The Selection Results
On May 8, Google announced the accepted student projects, Earlier I received an email from one of the organization admins saying I was selected for 2 projects and needed to make a choice.
It was good to know that I had been selected for both projects. This meant that both my proposals and evaluation test performances were strong enough for acceptance through the competitive two-phase process.
Making the Decision
Choosing between the two projects was difficult since both offered unique learning opportunities. I ultimately chose "Using ROOT in the field of genome sequencing" because:
- Interdisciplinary nature: It combines computational physics with bioinformatics
- Novel application: ROOT isn't commonly used for genomic data analysis
- Practical relevance: Genomic datasets are growing rapidly and need efficient storage solutions
- Technical innovation: Working with ROOT's new RNTuple format alongside traditional bioinformatics tools.
Also the most important factor was that my previous GSoC was in the field of bioinformatics so it made sense to streamline my experiences. Also seeing Google Deepmind work on bioinformatics made it more interesting, I knew they would be doing something in the field of genomics and they actually launched Alphagenome this June. I also became part of Princeton University's Compiler Research Team where I am working with some of the finest developers.
Building on Previous Experience
This isn't my first GSoC participation. My previous experience taught me valuable lessons about: - Managing project scope and setting realistic milestones - Maintaining regular communication with mentors and the community - Documenting progress systematically (which is mandatory for CERN-HSF students) - Writing clean, maintainable code for open source projects
This experience helped me navigate the structured selection process and better evaluate which project would be the best fit.
Project Overview
The selected project focuses on extending GeneROOT capabilities through:
- Reproducing Previous Results: Validating existing comparisons against ROOT master
- Compression Analysis: Comparing ROOT's compression strategies with Samtools for BAM/RAM conversions
- RNTuple Implementation: Exploring ROOT's RNTuple format for efficient genomic data storage
- File Splitting Techniques: Investigating different ROOT file splitting approaches
- Performance Benchmarking: Producing comprehensive comparison reports
ROOT typically achieves 10-50% smaller file sizes and multiple times faster read throughput compared to traditional formats. Applied to genomic data, this could significantly improve storage efficiency and analysis speed for research institutions.
Working with My Mentors
I'll be working with experienced mentors: - Martin Vasilev from University of Plovdiv - Vassil Vassilev from Princeton University - Fons Rademakers from CERN
These developers have extensive experience with ROOT development and particle physics data analysis, bringing valuable expertise to the genomics application domain.

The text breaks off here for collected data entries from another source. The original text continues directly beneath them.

-- ===== src/Runtime/Answers.antt =====
-- The owner's answers to the requests for a reset and for a snapshot: src/g3/market_runtime.cpp.
use binance_market_data_gate.Base.{
  ℕ, suc, Bool, true, false, not, ◌||◌, Option, none, some, [], if◌then◌else◌,
}
use binance_market_data_gate.Base.Words.{add_u64}
use binance_market_data_gate.Publication.Shared.{
  resume_not_available, connection_generation_changed, resubscribe, request_new_snapshot,
}
use binance_market_data_gate.Runtime.Observed.{
  buffering, faulted, is_live, is_faulted, is_needs_resync, ClockSample,
}
use binance_market_data_gate.Runtime.Projection.{
  ProjectionApi, Outcome, good, bad, threw, Reading, reads_all, status_throws,
  last_update_id_throws, last_gap_throws,
}
use binance_market_data_gate.Runtime.Types.{
  internal_fault, RebootstrapResetResult, was_reset, reset_internal_error, reset_invalid_state,
  ResetKind, recovery_reset, planned_reset, snapshot_not_live, snapshot_clock_error,
  snapshot_internal_error, SnapshotResult, captured_snapshot, snapshot_adapter_error,
  snapshot_error, SnapshotRequest, ResetRequest, Observation, Runtime,
}
use binance_market_data_gate.Runtime.Requests.{is_healthy}
use binance_market_data_gate.Runtime.Faults.{refreshed, terminalize_active_subscribers}

module _ {api : ProjectionApi} where
  abbrev pub is_valid_reset : ResetKind → Observation api → Bool
  is_valid_reset recovery_reset o = is_faulted o.state || is_needs_resync o.state
  is_valid_reset planned_reset o = is_healthy o

  abbrev set_snapshot_result :
      SnapshotResult api → Option (SnapshotRequest api) → Option (SnapshotRequest api)
  set_snapshot_result result none = none
  set_snapshot_result result (some r) = some (record r { result = some result })

  -- `refresh_projection_observation_locked`, up to a read that throws.
  unfoldable pub read_projection : Reading → Runtime api → Observation api
  unfolding refreshed
  read_projection reads_all s = refreshed s
  read_projection status_throws s = s.observation
  read_projection last_update_id_throws s = record s.observation {
    projection_status = api.status s.projection;
  }
  read_projection last_gap_throws s = record s.observation {
    projection_status = api.status s.projection;
    last_update_id = api.last_update_id s.projection;
  }

  -- What a reset clears, once the projection is reset.
  unfoldable pub cleared : Runtime api → Runtime api
  cleared t = record t {
    bootstrap = [];
    current_projection_generation = none;
    observation = record t.observation {
      last_gap = none;
      last_install = none;
      last_apply = none;
      last_applied_depth = none;
      adapter_error = none;
      fault_reason = none;
      last_update_id = none;
      current_projection_generation = none;
      bootstrap_occupancy = 0;
      reset_count = add_u64 t.observation.reset_count 1;
    };
  }

  -- The end of the `try` block; `true` if an exception leaves it.
  unfoldable pub reopened : Reading → Runtime api → Bool × Runtime api
  unfolding read_projection
  reopened reads_all t = (
    false,
    record t {
      accepting = true;
      observation = record (read_projection reads_all t) {
        state = buffering;
        last_admitted_ticket = t.last_admitted_ticket;
        processed_ticket = t.processed_ticket;
      };
    },
  )
  reopened r t = (true, record t { observation = read_projection r t })

  -- The `try` block, after the sessions have ended.
  unfoldable pub clear_projection : Runtime api → Bool × Runtime api
  unfolding cleared reopened
  clear_projection t =
      let (thrown, p) = api.reset t.projection in
      let u : Runtime api = record t { projection = p } in
      if thrown then (true, u) else reopened (api.reading p) (cleared u)

  -- The `catch` block: the mailbox stays, and what is left of the bootstrap buffer.
  unfoldable pub failed_reset : Runtime api → Runtime api
  failed_reset t = record t {
    accepting = false;
    observation = record t.observation { fault_reason = some internal_fault; state = faulted };
  }

module _ {api : ProjectionApi} (clock : ℕ → Option ClockSample) where
  unfoldable pub terminalize_for_reset : ResetKind → Runtime api → Runtime api
  unfolding terminalize_active_subscribers
  terminalize_for_reset planned_reset s =
      terminalize_active_subscribers clock connection_generation_changed resubscribe
        s.current_projection_generation s
  terminalize_for_reset recovery_reset s =
      terminalize_active_subscribers clock resume_not_available request_new_snapshot
        s.current_projection_generation s

  -- The `try` block and its `catch`, with the result.
  unfoldable pub reset_projection : ResetKind → Runtime api → RebootstrapResetResult × Runtime api
  unfolding clear_projection failed_reset terminalize_for_reset
  reset_projection kind s =
      let (thrown, t) = clear_projection (terminalize_for_reset kind s) in
      if thrown then (reset_internal_error, failed_reset t) else (was_reset, t)

  unfoldable pub answer_reset_request : Option (ResetRequest api) → Runtime api → Runtime api
  unfolding reset_projection
  answer_reset_request none s = s
  answer_reset_request (some request) s =
      let (result, t) = reset_projection request.kind s in
      if not (is_valid_reset request.kind s.observation)
      then record s { reset_request = some (record request { result = some reset_invalid_state }) }
      else record t { reset_request = some (record request { result = some result }) }

  unfoldable pub perform_reset_request : Runtime api → Runtime api
  unfolding answer_reset_request
  perform_reset_request s = answer_reset_request s.reset_request s

  abbrev snapshot_result :
      Outcome api.AdapterError api.BookSnapshot → ClockSample → SnapshotResult api
  snapshot_result threw sample = snapshot_error snapshot_internal_error
  snapshot_result (bad error) sample = snapshot_adapter_error error
  snapshot_result (good book) sample = captured_snapshot book sample

  abbrev live_snapshot : Option ClockSample → Runtime api → SnapshotResult api
  live_snapshot none s = snapshot_error snapshot_clock_error
  live_snapshot (some sample) s =
      snapshot_result
        (api.make_local_order_book_snapshot s.projection
          (record {
            identity = s.expected_identity;
            producer = "gateway-g3-runtime";
            producer_version = "1.0.0";
            generated_utc_ns = sample.utc_ns;
            generated_monotonic_ns = some sample.monotonic_ns;
          })
          none)
        sample

  unfoldable pub perform_snapshot_request : Runtime api → Runtime api
  perform_snapshot_request s =
      if is_live s.observation.state
      then record s {
        clock_calls = suc s.clock_calls;
        snapshot_request =
            set_snapshot_result (live_snapshot (clock s.clock_calls) s) s.snapshot_request;
      }
      else record s {
        snapshot_request =
            set_snapshot_result (snapshot_error snapshot_not_live) s.snapshot_request;
      }
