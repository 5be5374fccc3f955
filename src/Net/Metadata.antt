-- ===== src/Net/Metadata.antt =====
-- pkg/net/rpchelper.go: a file's description in the metadata of a call.
pub mod RoundTrip
use torrxfer.Base.{ℕ, Bool, List, [], ◌∷◌, ◌++◌, Option, none, some, get_elem?, lookup, insert}
use torrxfer.Text.{Bytes, codes}
use torrxfer.Platform.{Platform}
use torrxfer.Net.File.{WireFile}

abbrev pub Values : Type 0
Values = List (Bytes × List Bytes)

abbrev pub file_key : Bytes
file_key = codes "filedata"

-- What the other side gets: no metadata, too few values, which ends the call by a panic, or a file.
pub data Received : Type 0 where
  invalid_argument panics : Received
  file : WireFile → Received

unfoldable pub add_file_metadata_to_context : WireFile → Values
add_file_metadata_to_context f = insert file_key (f.data_hash ∷ f.name ∷ f.media_directory ∷ []) []

abbrev pub or_none : Option (List Bytes) → List Bytes
or_none none = []
or_none (some vs) = vs

module _ (w : Platform) where
  -- `uint64(time.Unix(0, 0).Unix())`
  abbrev pub epoch : ℕ
  epoch = w.unix (w.from_unix 0)

  abbrev pub of_values : Option Bytes → Option Bytes → Option Bytes → Received
  of_values (some hash) (some name) (some media) = file (record {
    name = name;
    data_hash = hash;
    media_directory = media;
    created_time = epoch;
    modified_time = epoch;
    size = epoch;
    size_on_disk = 0;
  })
  of_values _ _ _ = panics

  abbrev from_values : List Bytes → Received
  from_values vs = of_values (get_elem? vs 0) (get_elem? vs 1) (get_elem? vs 2)

  unfoldable pub get_file_metadata_from_context : Option Values → Received
  get_file_metadata_from_context none = invalid_argument
  get_file_metadata_from_context (some md) = from_values (or_none (lookup file_key md))
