-- ===== src/Net/Metadata/RoundTrip.antt =====
-- What of a file's description comes through the metadata.
use torrxfer.Base.{
  ◌≡◌, ◌<◌, refl, List, [], ◌∷◌, some, arith, length, lookup, lookup-insert, eq_bytes_refl,
}
use torrxfer.Text.{Bytes}
use torrxfer.Platform.{Platform}
use torrxfer.Net.File.{WireFile}
use torrxfer.Net.Metadata.{
  Values, file_key, file, panics, add_file_metadata_to_context, get_file_metadata_from_context,
  epoch, or_none, from_values,
}

module _ (w : Platform) where
  -- A description that is put into the metadata and read back keeps its name, hash and media path,
  -- while both times and the size are those of the epoch and the size on disk is 0.
  pub get_file_metadata-add_file_metadata :
      (f : WireFile)
      → get_file_metadata_from_context w (some (add_file_metadata_to_context f))
        ≡ file (record f {
          created_time = epoch w;
          modified_time = epoch w;
          size = epoch w;
          size_on_disk = 0;
        })
  unfolding get_file_metadata_from_context add_file_metadata_to_context
  get_file_metadata-add_file_metadata f =
      rw
        (
          lookup-insert file_key file_key (f.data_hash ∷ f.name ∷ f.media_directory ∷ []) [],
          eq_bytes_refl file_key,
        )
        refl

  from_values-panics : (vs : List Bytes) → length vs < 3 → from_values w vs ≡ panics
  from_values-panics [] h = refl
  from_values-panics (a ∷ []) h = refl
  from_values-panics (a ∷ b ∷ []) h = refl
  from_values-panics (a ∷ b ∷ c ∷ vs) h = absurd (omega (arith, h))

  -- Metadata without that key, or with fewer than three values there, ends the call by a panic.
  pub get_file_metadata_panics :
      (md : Values)
      → length (or_none (lookup file_key md)) < 3
      → get_file_metadata_from_context w (some md) ≡ panics
  unfolding get_file_metadata_from_context
  get_file_metadata_panics md h = from_values-panics (or_none (lookup file_key md)) h
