-- ===== src/Paths/Subdir.antt =====
-- What `IsSubdir` accepts.
use torrxfer.Base.{
  ℕ, suc, ◌≡◌, ◌≢◌, ◌↔◌, ◌⊎◌, inl, inr, refl, Bool, true, false, ◌||◌, not, [], ◌∷◌, ◌++◌, All,
  All-append, Option, none, some, arith, length, eq_bytes, eq_bytes_iff, append_assoc, Option-cases,
  Bool-cases,
}
use torrxfer.Text.{Bytes, after_prefix}
use torrxfer.Text.Prefix.{after_prefix-append, after_prefix_of_append}
use torrxfer.FilePath.{clean}
use torrxfer.Paths.Match.{
  backslash, chunk_of, match_chunk, place, has_slash, fits, or_else, match_from, match, strip_stars,
}
use torrxfer.Paths.{children, is_subdir}

-- A character that stands for itself in a pattern.
abbrev pub IsLiteral : ℕ → Type 0
IsLiteral c = (c ≢ b'*') × (c ≢ b'?') × (c ≢ b'[') × (c ≢ backslash)

chunk_of-literal :
    (p : Bytes)
    → All IsLiteral p
    → chunk_of false (p ++ (b'/' ∷ b'*' ∷ [])) ≡ (p ++ (b'/' ∷ []), b'*' ∷ [])
chunk_of-literal [] h = refl
chunk_of-literal (c ∷ []) (h, hs) = ground arith
chunk_of-literal (c ∷ e ∷ p) (h, hs) = ground (arith, chunk_of-literal (e ∷ p) hs)

match_chunk-literal :
    (p s : Bytes) → All IsLiteral p → match_chunk (length p) p s ≡ after_prefix p s
unfolding match_chunk after_prefix
match_chunk-literal [] s h = refl
match_chunk-literal (c ∷ p) [] h = refl
match_chunk-literal (c ∷ p) (x ∷ s) (h, hs) = ground (arith, match_chunk-literal p s hs)

place-literal : (p s : Bytes) → All IsLiteral p → place false p (b'*' ∷ []) s ≡ after_prefix p s
place-literal p s h =
    rw (match_chunk-literal p s h) (elim (Option-cases (after_prefix p s)) [
      | inl e ↦ rw e refl
      | inr (t, e) ↦ rw e (fits_lem t)
    ])
  where
    fits_lem : (t : Bytes) → or_else (fits (b'*' ∷ []) (some t)) none ≡ some t
    fits_lem [] = refl
    fits_lem (x ∷ t) = refl

abbrev direct : Option Bytes → Bool
direct none = false
direct (some t) = not (has_slash t)

slash-IsLiteral : IsLiteral b'/'
slash-IsLiteral = ground arith

match_from-star : (f : ℕ) (t : Bytes) → match_from (suc f) (b'*' ∷ []) t ≡ not (has_slash t)
unfolding match_from
match_from-star f t = refl

strip_stars-ne : (c : ℕ) (p : Bytes) → c ≢ b'*' → strip_stars (c ∷ p) ≡ (false, c ∷ p)
strip_stars-ne c p ne = ground arith

match-round :
    (f c : ℕ) (p q s : Bytes)
    → c ≢ b'*'
    → chunk_of false (c ∷ p) ≡ (q, b'*' ∷ [])
    → All IsLiteral q
    → match_from (suc (suc f)) (c ∷ p) s ≡ direct (after_prefix q s)
unfolding match_from
match-round f c p q s ne e h =
    rw (strip_stars-ne c p ne, e, place-literal q s h)
      (elim (Option-cases (after_prefix q s)) [ inl a ↦ rw a refl | inr (t, a) ↦ rw a refl ])

match-literal :
    (p s : Bytes)
    → All IsLiteral p
    → match (p ++ (b'/' ∷ b'*' ∷ [])) s ≡ direct (after_prefix (p ++ (b'/' ∷ [])) s)
unfolding match
match-literal [] s h =
    match-round 1 b'/' (b'*' ∷ []) (b'/' ∷ []) s (ground arith) refl (slash-IsLiteral, tt)
match-literal (c ∷ p) s h =
    match-round (length (p ++ (b'/' ∷ b'*' ∷ []))) c (p ++ (b'/' ∷ b'*' ∷ []))
      (c ∷ p ++ (b'/' ∷ [])) s h.0.0 (chunk_of-literal (c ∷ p) h)
      (All-append IsLiteral (c ∷ p) (b'/' ∷ []) h (slash-IsLiteral, tt))

-- For a root whose cleaned text has none of the characters `*`, `?`, `[` and the backslash, a
-- directory counts as one of its subdirectories exactly if both clean to the same text, or it is
-- written as the cleaned root, a slash, and a text without a slash: only what stands directly in
-- the root, and nothing deeper.
pub is_subdir_lem :
    (root subdir : Bytes)
    → All IsLiteral (clean root)
    → (is_subdir root subdir ≡ true) ↔ (
        (clean root ≡ clean subdir)
        ⊎ ((name : Bytes) × (subdir ≡ clean root ++ (b'/' ∷ name)) × (has_slash name ≡ false)))
unfolding is_subdir
is_subdir_lem root subdir h = (to, from)
  where
    q : Bytes
    q = clean root ++ (b'/' ∷ [])

    to :
        (eq_bytes (clean root) (clean subdir) || match (children root) subdir) ≡ true
        → (clean root ≡ clean subdir)
          ⊎ ((name : Bytes) × (subdir ≡ clean root ++ (b'/' ∷ name)) × (has_slash name ≡ false))
    to e = elim (Bool-cases (eq_bytes (clean root) (clean subdir))) [
      | inl y ↦ inl (ground (arith, eq_bytes_iff (clean root) (clean subdir)))
      | inr n ↦ elim (Option-cases (after_prefix q subdir)) [
        | inl a ↦ absurd (ground (arith, match-literal (clean root) subdir h))
        | inr (t, a) ↦ inr (
          t,
          rw (← append_assoc (clean root) (b'/' ∷ []) t) (after_prefix-append q subdir t a),
          ground (arith, match-literal (clean root) subdir h),
        )
      ]
    ]

    from :
        (clean root ≡ clean subdir)
          ⊎ ((name : Bytes) × (subdir ≡ clean root ++ (b'/' ∷ name)) × (has_slash name ≡ false))
        → (eq_bytes (clean root) (clean subdir) || match (children root) subdir) ≡ true
    from (inl e) = ground (arith, eq_bytes_iff (clean root) (clean subdir))
    from (inr (name, e, n)) = ground (
      arith,
      match-literal (clean root) subdir h,
      after_prefix_of_append q name,
      append_assoc (clean root) (b'/' ∷ []) name,
    )
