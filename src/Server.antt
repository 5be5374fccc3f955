-- ===== src/Server.antt =====
-- pkg/server: the records of the files, the state of the server and its writer threads.
pub mod File
pub mod Writer
pub mod State
pub mod Query
pub mod Session
pub mod Endpoint
pub mod Startup
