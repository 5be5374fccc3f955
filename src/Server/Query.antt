-- ===== src/Server/Query.antt =====
-- pkg/server/server.go: `QueryFunction`.
pub mod Replies
use torrxfer.Base.{
  ℕ, ◌%◌, ◌^◌, Bool, true, false, List, [], ◌∷◌, Option, none, some, if◌then◌else◌, length,
  eq_bytes, not,
}
use torrxfer.Text.{Bytes}
use torrxfer.Platform.{Platform}
use torrxfer.Disk.{Disk, Stat, found, not_exist, stat_failed, os_stat, os_remove}
use torrxfer.Database.{Database}
use torrxfer.Net.File.{
  Outcome, done, exits, WireFile, get_creation_time, get_file_name, get_size, get_data_hash,
  get_media_path,
}
use torrxfer.Server.File.{File, UnmarshalError, marshal_text, unmarshal_text, generate_rpc_file}
use torrxfer.Server.State.{Server, get_full_server_file_path, set_active_file, thread_steps}

module _ (w : Platform) (d : Database) where
  open w use {Time, zero_time, from_unix}

  -- The reply to the client, or `none` for an error.
  abbrev pub Reply : Type 0
  Reply = Outcome (Server w d × Option WireFile)

  abbrev pub reply : Server w d → Outcome WireFile → Reply
  reply s exits = exits
  reply s (done r) = done (s, some r)

  abbrev pub path_of : Server w d → WireFile → Bytes
  path_of s file = get_full_server_file_path w d s (get_media_path file) (get_file_name file)

  -- An old file of that name is removed; `none` if that fails.
  abbrev pub remove_old : Disk Time → Bytes → Stat Time → Option (Disk Time)
  remove_old disk path (found _ _ _) = os_remove disk path
  remove_old disk path not_exist = some disk
  remove_old disk path stat_failed = some disk

  -- The new file's writer thread may take some steps before the reply is made.
  abbrev pub start_new : Server w d → Bytes → WireFile → File Time → ℕ → Time → Option Bytes → Reply
  start_new s client file f head_start now none = done (s, none)
  start_new s client file f head_start now (some text) =
      let s1 = record s { db = (d.put s.db (get_data_hash file) text).0 } in
      let s2 = set_active_file w d s1 client (get_data_hash file) f in
      let s3 = thread_steps w d head_start s2 (length s.writers) now in
      reply s3 (generate_rpc_file w s3.disk f)

  -- The two calls of `time.Now()` give `created` and `modified`.
  abbrev pub new_record : Server w d → WireFile → Time → Time → File Time
  new_record s file created modified = record {
    full_path = path_of s file;
    media_prefix = get_media_path file;
    size = get_size file;
    current_size = 0;
    creation_time = created;
    modified_time = modified;
  }

  abbrev pub query_new :
      Server w d → Bytes → WireFile → Time → Time → ℕ → Option (Disk Time) → Reply
  query_new s client file created modified head_start none = done (s, none)
  query_new s client file created modified head_start (some disk) =
      let f = new_record s file created modified in
      start_new (record s { disk = disk }) client file f head_start modified (marshal_text w f)

  abbrev pub found_size : Stat Time → ℕ
  found_size (found n _ _) = n % 2 ^ 64
  found_size not_exist = 0
  found_size stat_failed = 0

  abbrev pub found_time : Stat Time → Time
  found_time (found _ t _) = t
  found_time not_exist = from_unix 0
  found_time stat_failed = from_unix 0

  -- The file on disk gives the current size and the modification time.
  abbrev pub found_record : Server w d → WireFile → Stat Time → File Time
  found_record s file stat = record {
    full_path = path_of s file;
    media_prefix = get_media_path file;
    size = get_size file;
    current_size = found_size stat;
    creation_time = get_creation_time w file;
    modified_time = found_time stat;
  }

  -- The file is made active for the client unless the server has all of it.
  abbrev pub resume : Server w d → Bytes → WireFile → File Time → Outcome WireFile → Reply
  resume s client file f exits = exits
  resume s client file f (done r) =
      if eq_bytes (get_data_hash r) (get_data_hash file)
      then done (s, some r)
      else done (set_active_file w d s client (get_data_hash file) f, some r)

  -- A record that cannot be read is deleted, and the client is told to try again.
  abbrev pub query_record : Server w d → Bytes → WireFile → Option UnmarshalError → Reply
  query_record s client file (some _) =
      done (record s { db = (d.delete s.db (get_data_hash file)).0 }, none)
  query_record s client file none =
      let f = found_record s file (os_stat s.disk (path_of s file)) in
      resume s client file f (generate_rpc_file w s.disk f)

  -- `new(File)`
  abbrev pub blank : File Time
  blank = record {
    full_path = [];
    media_prefix = [];
    size = 0;
    current_size = 0;
    creation_time = zero_time;
    modified_time = zero_time;
  }

  abbrev pub query_known : Server w d → Bytes → WireFile → Option Bytes → Reply
  query_known s client file none = done (s, none)
  query_known s client file (some text) = query_record s client file (unmarshal_text w blank text).1

  unfoldable pub query_function : Server w d → Bytes → WireFile → Time → Time → ℕ → Reply
  query_function s client file created modified head_start =
      if d.has s.db (get_data_hash file)
      then query_known s client file (d.get s.db (get_data_hash file))
      else query_new s client file created modified head_start
          (remove_old s.disk (path_of s file) (os_stat s.disk (path_of s file)))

Understanding the HSF Community
Working with CERN-HSF means joining a community that has been participating in GSoC since 2011, with the program expanding under the HEP Software Foundation umbrella since 2017. The organization maintains high standards and requires student blogs (like this one) as part of the evaluation process.
What's Coming Next
I'm currently working on the project and have done most of the part involving the RNTuple converter.
In upcoming blog posts, I'll document: - Technical implementation details - Performance comparisons and benchmarks - Challenges in interdisciplinary software development - Progress updates and lessons learned
Following CERN-HSF tradition, I'll maintain regular blog posts throughout the project to share my experience with the community.
Thanks for reading! I'm looking forward to contributing to this exciting intersection of particle physics and genomics research.